O mineral estratégico define movimentos no grande xadrez da corrida pelos recursos que moverão o mundo num futuro que já está aqui. Vilma Gruzinsky:
A
China tem 35% das reservas mundiais de lítio e 93 “giga-fábricas” que
produzem baterias de lítio-íon, o “petróleo do futuro” que alimenta
praticamente tudo, de celulares a notebooks, de câmeras a carros
elétricos. Os Estados Unidos têm quatro dessas fábricas.

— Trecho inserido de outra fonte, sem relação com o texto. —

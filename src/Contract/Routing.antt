-- ===== src/Contract/Routing.antt =====
-- internal/contract/status.go: the status of the whole namespace, and what else it looks at.
pub mod Guarded
use molebridge.Base.{
  ℕ, Bool, true, false, not, ◌&&◌, ◌||◌, Option, none, some, List, [], ◌∷◌, ◌==◌, length, same,
  is_some, all, any, keep, Text, Text-discrete, bytes, if◌then◌else◌,
}
use molebridge.Rtnl.Addr.{Family, v4, v6, is_v4, Addr, Prefix, OptPrefix-discrete}
use molebridge.Rtnl.Route.{
  Route, IfAddr, Link, Snapshot, link, global, is_default, unconditional, routes_in_table,
  rtn_unicast,
}
use molebridge.Contract.Config.{is_native_sidecar}
use molebridge.Contract.Spec.{Spec}
use molebridge.Contract.Routes.{out_of}
use molebridge.Contract.Status.{StatusOptions, family_status}

-- The address of a family: nothing yet, one, or a second one, which ends the function.
pub data Sole : Type 0 where
  no_addr several : Sole
  one_addr : Addr → Sole

unfoldable pub add_sole : IfAddr → Sole → Sole
add_sole a no_addr = one_addr a.local.addr
add_sole a _ = several

-- The loop over the addresses of one family.
unfoldable pub sole_addr : ℕ → List IfAddr → Sole → Sole
unfolding global add_sole
sole_addr i [] seen = seen
sole_addr i (a ∷ as') seen =
    sole_addr i as' (if not (a.index == i) || not (global a) then seen else add_sole a seen)

pub record RoutingOptions : Type 0 where
  pub require_address : Bool
  pub return_path : Bool

abbrev pub opt_addr : Sole → Option Addr
opt_addr (one_addr a) = some a
opt_addr _ = none

abbrev pub is_several : Sole → Bool
is_several several = true
is_several _ = false

abbrev pub status_of : Spec → Snapshot → Link → Sole → Family → Bool × Bool
status_of s snap l a f =
    family_status s f (snap.rules f) (routes_in_table snap f s.config.table)
      (record { tunnel_address = opt_addr a; no_tunnel_route = false; exit_if_index = l.index })

-- `protected` and `fallback`.
unfoldable pub routing_status : Spec → Snapshot → RoutingOptions → Bool × Bool
unfolding link sole_addr
routing_status s snap opt =
    let native = is_native_sidecar s.config in
    if not native && not (is_some (link snap s.config.overlay_if))
    then (false, false)
    else elim (link snap s.config.exit_if) [
      | none ↦ (false, false)
      | some l ↦
          let a4 = sole_addr l.index (snap.addrs v4) no_addr in
          let a6 = sole_addr l.index (snap.addrs v6) no_addr in
          if is_several a4 || is_several a6
          then (false, false)
          else if not (is_some (opt_addr a4)) && opt.require_address
          then (false, false)
          else let s4 = status_of s snap l a4 v4 in
            let s6 = status_of s snap l a6 v6 in
            ((opt.return_path || native) && (s4.0 && s6.0), s4.1 && s6.1)
    ]

-- A set of destinations, as a list without repetition.
abbrev pub has_dst : List (Option Prefix) → Option Prefix → Bool
has_dst ds d = any (λ e. same OptPrefix-discrete e d) ds

abbrev pub put_dst : Option Prefix → List (Option Prefix) → List (Option Prefix)
put_dst d ds = if has_dst ds d then ds else d ∷ ds

unfoldable pub is_host_route : ℕ → Route → Bool
unfolding unconditional is_default
is_host_route i r =
    r.kind == rtn_unicast
    && (not (i == 0)
        && (out_of i r.oif
            && (not r.multi_path
                && (not r.encap
                    && (not (is_some r.nhid)
                        && (unconditional r && (not (is_some r.gateway) || is_default r)))))))

-- `hostDestinations`
unfoldable pub host_destinations :
    ℕ → List (Option Prefix) → List Route → Option (List (Option Prefix))
unfolding is_host_route OptPrefix-discrete
host_destinations i ds [] = some ds
host_destinations i ds (r ∷ rs) =
    if is_host_route i r then host_destinations i (put_dst r.dst ds) rs else none

unfoldable pub is_main_host_route : ℕ → Route → Bool
unfolding is_default
is_main_host_route i r =
    r.kind == rtn_unicast
    && (not (i == 0)
        && (out_of i r.oif
            && (not r.encap
                && (not r.multi_path
                    && (not (is_some r.nhid) && (not (is_some r.gateway) || is_default r))))))

-- `wanted`: the destinations of the main table's routes.
unfoldable pub main_destinations : ℕ → List (Option Prefix) → List Route → List (Option Prefix)
unfolding is_main_host_route OptPrefix-discrete
main_destinations i ds [] = ds
main_destinations i ds (r ∷ rs) =
    main_destinations i (if is_main_host_route i r then put_dst r.dst ds else ds) rs

abbrev no_bits : Option Prefix → Bool
no_bits none = false
no_bits (some p) = p.bits == 0

abbrev same_dsts : List (Option Prefix) → List (Option Prefix) → Bool
same_dsts wanted found = length wanted == length found && all (has_dst found) wanted

-- The main table's routes are an Option: `haveMain` says that they are given.
unfoldable pub host_table_status : List Route → ℕ → Family → Option (List Route) → Bool
unfolding host_destinations main_destinations OptPrefix-discrete
host_table_status routes i f main = elim (host_destinations i [] routes) [
  | none ↦ false
  | some found ↦
      elim main [ none ↦ true | some rs ↦ same_dsts (main_destinations i [] rs) found ]
      && (any no_bits found || not (is_v4 f))
]

-- The first interface of the name decides.
unfoldable pub overlay_is_kernel_wireguard : List Link → Text → Bool
unfolding Text-discrete
overlay_is_kernel_wireguard [] name = false
overlay_is_kernel_wireguard (l ∷ ls) name =
    let rest = overlay_is_kernel_wireguard ls name in
    if same Text-discrete l.name name then same Text-discrete l.kind (bytes "wireguard") else rest

pub record NftChain : Type 0 where
  pub family : Text
  pub table : Text
  pub name : Text

unfoldable pub starts_with : Text → Text → Bool
starts_with [] t = true
starts_with (c ∷ cs) [] = false
starts_with (c ∷ cs) (d ∷ ds) = c == d && starts_with cs ds

unfoldable pub netbird_firewall_present : List NftChain → Bool
unfolding Text-discrete starts_with
netbird_firewall_present cs =
    any
      (λ c.
        same Text-discrete c.family (bytes "ip")
        && (same Text-discrete c.table (bytes "netbird") || starts_with (bytes "NETBIRD-") c.name))
      cs

abbrev is_space : ℕ → Bool
is_space c = c == 10 || (c == 32 || (c == 9 || c == 13))

-- Spaces at the end of the text.
trim_end : Text → Text
trim_end [] = []
trim_end (c ∷ cs) = elim (trim_end cs) [
  | [] ↦ (if is_space c then [] else c ∷ [])
  | d ∷ ds ↦ c ∷ d ∷ ds
]

trim_start : Text → Text
trim_start [] = []
trim_start (c ∷ cs) = let rest = trim_start cs in if is_space c then rest else c ∷ cs

unfoldable pub return_path_enabled : Text → Bool
unfolding trim_end trim_start Text-discrete
return_path_enabled value = same Text-discrete (trim_start (trim_end value)) (bytes "1")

Só estes números já dão uma ideia de como a competição por um recurso vital está pendendo para o lado chinês.
A
recente e chocante guinada no Afeganistão impressionou o mundo com a
ascensão avassaladora do Talibã e o vexame da retirada às pressas dos
Estados Unidos, mas o verdadeiro xadrez geopolítico estava com o foco
concentrado no que existe debaixo da terra e não acima dela.
O
Afeganistão é o décimo-sexto país mais pobre do mundo, mas tem reservas
de terras raras avaliadas em 1 trilhão de dólares – um “detalhe” que
certamente não passou despercebido à China.
Estas
reservas incluem possivelmente o maior depósito de lítio do mundo. Para
comparar: o imenso Brasil saltou recentemente de 0,5% para 8% das
reservas mundiais, o que nos deixa em boa posição, mas ainda longe do
pódio. O maior produtor do lítio do mundo é o Chile, também campeão de
outra fera da condutividade, o cobre.
Cultivando
contatos com os ultrafundamentalistas desde que ficou claro que os
Estados Unidos cairiam fora do Afeganistão e os homens de turbante
retomariam o país inteiro, a China ganhou uma posição de incontestável
vantagem estratégica.
Como
os novos talibãs querem fazer negócios, em vez de se dedicarem
exclusivamente à implantação de uma teocracia islamista nos moldes do
século VI, como fizeram da primeira vez que conquistaram o poder, as
portas estão abertas para uma associação mutuamente vantajosa.
Com
o Afeganistão no bolso, a vantagem da China aumenta notavelmente. Tão
carente de vários recursos vitais, a China tem uma prodigiosa riqueza em
matéria de terras raras: 70% da produção global. Fornece 80% das
importações americanas desse recurso estratégico, o que faz de seu
grande adversário um potencial refém – já houve até um precedente, em
2010, quando o Japão foi deixado de castigo, temporariamente, por causa
de um incidente diplomático.
A
corrida pela energia renovável só aumenta o valor estratégico das
terras raras e dos minerais usados para produzir energia. Depois da
China, Brasil e Vietnã empatam em segundo lugar no mundo, com reservas
avaliadas em 22 milhões de toneladas.
Quem
souber aproveitar seus recursos fica bem aparelhado para a corrida
tecnológica – o grafeno já está na linha para substituir o lítio – e um
lugar decente no xadrez estratégico. Quem não souber, fará companhia ao
Afeganistão, um puxadinho atrasado da superpotência chinesa.